A data field has an associated search region, a parsing pipeline (or a parsing rule), and a bounding box.

  1. Search area By default, pdf2Data applies a parsing pipeline to the entire document. You can reduce the search area by specifying page(s) and/or by drawing a custom area on the document canvas. Read more...
  2. Parsing pipeline. This is created from the predefined pdf2Data selectors.

The data field's extracted value is the result of applying the parsing pipeline to a PDF document. During the data extraction process, each selector receives data from the previous selector in the pipeline, converts it to the necessary format, filters the data out, and sends the filtered data to the next selector. The data extracted by a data field is the result of the last selector in the pipeline.

Integration

Depending on your needs, the pdf2Data Parsing Engine is available in 4 different forms:

  1. Java SDK (Maven package)
  2. .Net SDK (.Nuget package)
  3. Command line interface
  4. RESTful service (available as a Docker container)

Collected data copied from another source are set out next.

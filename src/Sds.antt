-- ===== src/Sds.antt =====
-- redis/src/sds.c and sds.h: strings with their length and free space in front.
pub mod Ops
pub mod Printf
pub mod PrintfLaws
pub mod Split
pub mod SplitLaws
pub mod Compare
pub mod Laws
pub mod Trim
pub mod Range
mod Tests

Regardless of which one you prefer, the process of using the pdf2Data Engine essentially consists of 3 steps (please see the documentation of the specific engine you're using for more details).

  1. Upload template (containing your parsing rules).
  2. Retrieve all PDF files you need to process
  3. Process those PDFs sequentially and get the results.

For the rest, you have full power in defining (and coding) the best strategy to map input PDFs to specific templates, and the way extraction data will be utilized in your workflow.